1 Now the LORD said unto Abram: ‘Get thee out of thy country, and from thy kindred, and from thy father’s house, unto the land that I will show thee.
This is usually translated as “Get thee out (from your country and your birthplace and your father’s house. . . .)” But it literally means, “Go to yourself.” Rashi, understands lech lecha to mean: “go for yourself”. Lecha, he explains, means “for your benefit and for your good”. The Siftei Chachamim writes that lecha actually means li’retzoncha, according to your desire or will. According to the Pri Ha’aretz, Rebbe Menachem Mendel of Vitebsk “Go to find your true self. Go to develop yourself to its utmost. Go where? To the land that I will show you. To the place of the origin of Man’s body and soul.”

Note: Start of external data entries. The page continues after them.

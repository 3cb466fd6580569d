-- ===== src/Clients/PgsqlWorker.antt =====
-- A worker of src/cPgsqlWorker.cpp with its client of src/cPgsqlDatabase.cpp.
use pquery.Prelude.{
  ℕ, suc, ◌^◌, ◌<◌, Bool, true, false, List, ◌≡◌, ◌≢◌, some, none, Bytes, Option, ◌⊎◌, inl, inr,
  int64_bound, [], refl,
}
use pquery.WorkerConfig.Params.{WorkerParams}
use pquery.Logger.Stream.{Files}
use pquery.DbWorker.Counters.{Totals}
use pquery.DbWorker.Worker.{
  create_infile_parser, load_query_list, execute_tests, adjust_runtime_params,
}
use pquery.DbWorker.Report.{test_pgsql_connection, ServerTexts}
use pquery.DbWorker.Logs.{thread_path}
use pquery.DbWorker.Quiet.{CountsRows}
use pquery.DbWorker.Opened.{execute_tests-Opened}
use pquery.DbWorker.Untroubled.{Succeeds}
use pquery.DbWorker.Bounded.{InList}
use pquery.Clients.PgsqlOutput.{get_affected_rows, number, conninfo}
use pquery.Clients.PgsqlErrors.{get_affected_rows-number}
use pquery.Clients.PgsqlClient.{
  affected_rows_of, PqLibrary, pgsql_client, pgsql_thread, new_database, test_connection, rows_of,
}

-- What `PQcmdTuples` returns by its manual: nothing, or a number of rows.
abbrev pub IsRowCount : Bytes → Type 0
IsRowCount text = (text ≡ []) ⊎ ((n : ℕ) × ((n < int64_bound) × (text ≡ number n)))

counted : (text : Bytes) → IsRowCount text → get_affected_rows (some text) ≢ none
unfolding get_affected_rows
counted text (inl e) = rw e (λ h. cc)
counted text (inr (n, (b, e))) = let k = get_affected_rows-number n b in λ h. cc

connected_passes :
    (connected : Bool) (texts : ServerTexts)
    → connected ≡ true
    → (test_pgsql_connection connected texts).0 ≡ true
unfolding test_pgsql_connection
connected_passes true texts h = refl
connected_passes false texts h = h

module _ (L : PqLibrary) where
  counted_of :
      (reply : Option L.Reply)
      → ((r : L.Reply) → IsRowCount (L.cmd_tuples r))
      → get_affected_rows (rows_of L reply) ≢ none
  unfolding get_affected_rows
  counted_of none h = λ e. cc
  counted_of (some reply) h = counted (L.cmd_tuples reply) (h reply)

  pgsql_client-CountsRows :
      ((reply : L.Reply) → IsRowCount (L.cmd_tuples reply)) → CountsRows (pgsql_client L)
  unfolding pgsql_client affected_rows_of
  pgsql_client-CountsRows h conn = counted_of conn.reply h

  -- A worker with the PostgreSQL client returns, and returns true, whatever its server answers and
  -- however many queries fail: where libpq gives every result an empty count of rows or one of
  -- int64_t, the test connects, the query list is loaded, its threads run fewer than 2^32 queries
  -- each, every number that is asked for is in the list, the log files of its threads can be
  -- opened, and no thread has failed before.
  pub pgsql_worker-Succeeds :
      (can_open : Bytes → Bool) (files : Files) (p : WorkerParams) (file : Option Bytes)
      (query_list : List Bytes) (random : ℕ → ℕ → ℕ) (tester : L.Server) (server : ℕ → L.Server)
      (t : Totals)
      → ((reply : L.Reply) → IsRowCount (L.cmd_tuples reply))
      → (L.connectdb (conninfo p) tester).0 ≡ true
      → load_query_list create_infile_parser p file ≡ some query_list
      → (adjust_runtime_params query_list p).queries_per_thread < 2 ^ 32
      → ((k : ℕ) → InList (adjust_runtime_params query_list p) query_list (random k))
      → ((k : ℕ) (extension : Bytes) → can_open (thread_path p k extension) ≡ true)
      → t.thread_failed ≡ false
      → Succeeds (pgsql_client L) (
          execute_tests
            (pgsql_client L)
            create_infile_parser
            (test_connection L p tester).0
            p
            file
            (suc (adjust_runtime_params query_list p).queries_per_thread)
            (pgsql_thread L can_open files p random server)
            t)
  unfolding pgsql_thread test_connection
  pgsql_worker-Succeeds can_open files p file query_list random tester server t r c e k i o g =
      rw (connected_passes _ _ c) (
        execute_tests-Opened (pgsql_client L) can_open files p create_infile_parser file query_list
          random (λ n. new_database L (server n)) t e k i (pgsql_client-CountsRows r) o g)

I am particularly intrigued with the concept of pilgrimage, because of Gideon Lewis-Kraus’s book; A Sense of Direction: Pilgrimage for the Restless and the Hopeful. Kraus; a secular Jewish writer in his early 30’s living a bohemian life with other expats in Berlin decides on a lark one early morning at a bar to go on a 500 mile Christian pilgrimage to the El Camino de Santiago. He becomes addicted to pilgriming and on completion of the Camino, does The Shikoku; a multi-site pilgrimage of 88 temples associated with the Buddhist monk Kūkai (Kōbō Daishi) on the island of Shikoku, Japan. His third and last pilgrimage is to Uman where he joins Hasidim (and his estranged gay-Rabbi father ) to visit the Beslever Rebbe’s grave.
In his irreverent, sometimes hilarious and always thought provoking musings, he struggles to find the essence of pilgrimage and, to my mind, reveals what we may be missing. Here are some excerpts that try to provide a pretext for taking a pilgrimage…

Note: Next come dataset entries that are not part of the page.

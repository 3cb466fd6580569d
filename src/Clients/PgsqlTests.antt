-- ===== src/Clients/PgsqlTests.antt =====
-- Runs of the client of src/cPgsqlDatabase.cpp with its worker, and the theorem at a concrete input.
use pquery.Prelude.{
  ℕ, true, false, [], ◌∷◌, ◌≡◌, refl, some, codes, Bytes, ◌+◌, ◌%◌, ◌==◌, if◌then◌else◌, arith, inr,
  get_lines, starts_with, equal, is_alpha, is_alnum, is_digit,
}
use pquery.IniReader.Values.{pgsql, sql}
use pquery.IniReader.Line.{skip_ws}
use pquery.WorkerConfig.Params.{WorkerParams}
use pquery.Clients.PgResult.{tuples_ok, other_status}
use pquery.Clients.PgsqlOutput.{number}
use pquery.Clients.PgsqlClient.{
  PqLibrary, PgsqlDatabase, error_string_of, affected_rows_of, pgsql_client, pgsql_thread,
  new_database, send_query, read_output, clean, test_connection,
}
use pquery.Clients.PgsqlWorker.{pgsql_worker-Succeeds}
use pquery.SqlFileParser.Text.{
  trim, starts_with_delimiter, starts_line_comment, starts_block_comment, dollar_quote_open_length,
  is_delimiter_command, compare_at,
}
use pquery.SqlFileParser.Scanner.{load_queries_from_file, push_statement, scan, consume_char}
use pquery.DbWorker.Counters.{Totals}
use pquery.DbWorker.Bounded.{InList}
use pquery.DbWorker.Untroubled.{Succeeds}
use pquery.DbWorker.Worker.{
  create_infile_parser, load_query_list, execute_tests, adjust_runtime_params,
}
use pquery.Logger.Calls.{record_added}

abbrev params : WorkerParams
params = record {
  my_name = codes "pg0";
  database = codes "test";
  dbtype = pgsql;
  address = codes "h";
  socket = [];
  username = codes "u";
  password = codes "p";
  infile = codes "pquery.sql";
  infiletype = sql;
  logdir = codes "/tmp";
  port = 5432;
  threads = 2;
  queries_per_thread = 10;
  query_list_maxsize = 1024;
  verbose = false;
  log_all_queries = true;
  log_failed_queries = true;
  log_succeeded_queries = false;
  log_query_statistics = true;
  log_query_duration = false;
  log_client_output = true;
  log_query_numbers = false;
  shuffle = false;
  timeout_secs = 0;
  connect_timeout_secs = 60;
}

-- A server that refuses every second query; a reply is the number of its query.
abbrev library : PqLibrary
library = record {
  Server = ℕ;
  Reply = ℕ;
  connectdb = λ text n. (true, n);
  exec = λ query n. (some n, n + 1);
  result_status = λ n. if n % 2 == 0 then tuples_ok else other_status;
  tuples = λ n. if n % 2 == 0 then (codes "1" ∷ [] ∷ []) ∷ [] else [];
  cmd_tuples = λ n. number 1;
  error_message = λ n. codes "ERROR:  no\nLINE 1";
  res_status = λ status. codes "PGRES_FATAL_ERROR";
  query_duration_ms = λ n. codes "0.5";
  first_value = λ n. codes "PostgreSQL 17";
  host = λ n. codes "h";
  port = λ n. codes "5432";
  server_version = λ n. 170000;
}

abbrev after_one : PgsqlDatabase library
after_one = (send_query library (codes "select 1") (new_database library 0)).1

abbrev after_two : PgsqlDatabase library
after_two = (send_query library (codes "nonsense") after_one).1

-- The first result is cleared when the second takes its place, and both are with the clean-up.
queries_sent :
    ((read_output library after_one).0 ≡ codes "1 #EMPTY# \n")
    × ((read_output library after_two).0 ≡ [])
    × (error_string_of library after_two ≡ codes "PGRES_FATAL_ERROR:  no")
    × (affected_rows_of library after_two ≡ some 1)
    × (after_two.store.live ≡ 1 ∷ [])
    × ((clean library after_two).store.cleared ≡ 1 ∷ 0 ∷ [])
unfolding send_query new_database read_output error_string_of affected_rows_of clean number skip_ws
queries_sent = (refl, refl, refl, refl, refl, refl)

connection_tested : test_connection library params 0 ≡ (
  true,
  record_added (codes "-> Successfully connected to h port 5432")
      ∷ record_added (codes "-> Server version: PostgreSQL 17")
      ∷ [],
)
unfolding test_connection
connection_tested = refl

abbrev script : Bytes
script = codes "select 1;\nselect 2;\n"

abbrev no_totals : Totals
no_totals = record {
  performed_queries_total = 0;
  failed_queries_total = 0;
  failed_connections_total = 0;
  thread_failed = false;
}

loaded_queries :
    load_query_list create_infile_parser params (some script)
    ≡ some (codes "select 1" ∷ codes "select 2" ∷ [])
unfolding load_query_list create_infile_parser load_queries_from_file push_statement trim
    starts_with_delimiter starts_line_comment starts_block_comment dollar_quote_open_length
    is_delimiter_command compare_at scan consume_char get_lines starts_with equal is_alpha is_alnum
    is_digit
loaded_queries = refl

pgsql_worker-Succeeds_example : Succeeds (pgsql_client library) (
    execute_tests
      (pgsql_client library)
      create_infile_parser
      (test_connection library params 0).0
      params
      (some script)
      3
      (pgsql_thread library (λ path. true) [] params (λ k i. i) (λ k. k))
      no_totals)
unfolding adjust_runtime_params InList
pgsql_worker-Succeeds_example =
    pgsql_worker-Succeeds library (λ path. true) [] params (some script)
      (codes "select 1" ∷ codes "select 2" ∷ []) (λ k i. i) 0 (λ k. k) no_totals
      (λ n. inr (1, (omega arith, refl))) refl loaded_queries (omega arith) (λ k i h. h)
      (λ k extension. refl) refl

“There are a lot of reasons, and that’s part of what this book is about, figuring out what it means to want to make a pilgrimage, and then what it feels like to be on it, and what it does and doesn’t do to your life afterward, but it all has something to do with leaving your home, leaving comfort and responsibility behind, and putting yourself and your usual desires aside to concentrate on doing this difficult, painful trip that a lot of other people have done for a long time, and to be in the company of other sufferers who are doing it now. While you’re on it, everything feels so simple, even if you’re in pain, and you make these instant friendships based on a shared sense of need and vulnerability, and it’s a sense of need and vulnerability that are beyond explaining— there’s no real need to be able to say why you hurt or why you’re doing it, you just sort of trust that everyone is doing it for some reason or another and that’s enough.” It occurred to me it was strange that I’d brought my father to do exactly that— to explain himself— and what he’d ended up showing me was that these explanations are always evolving. [p 323]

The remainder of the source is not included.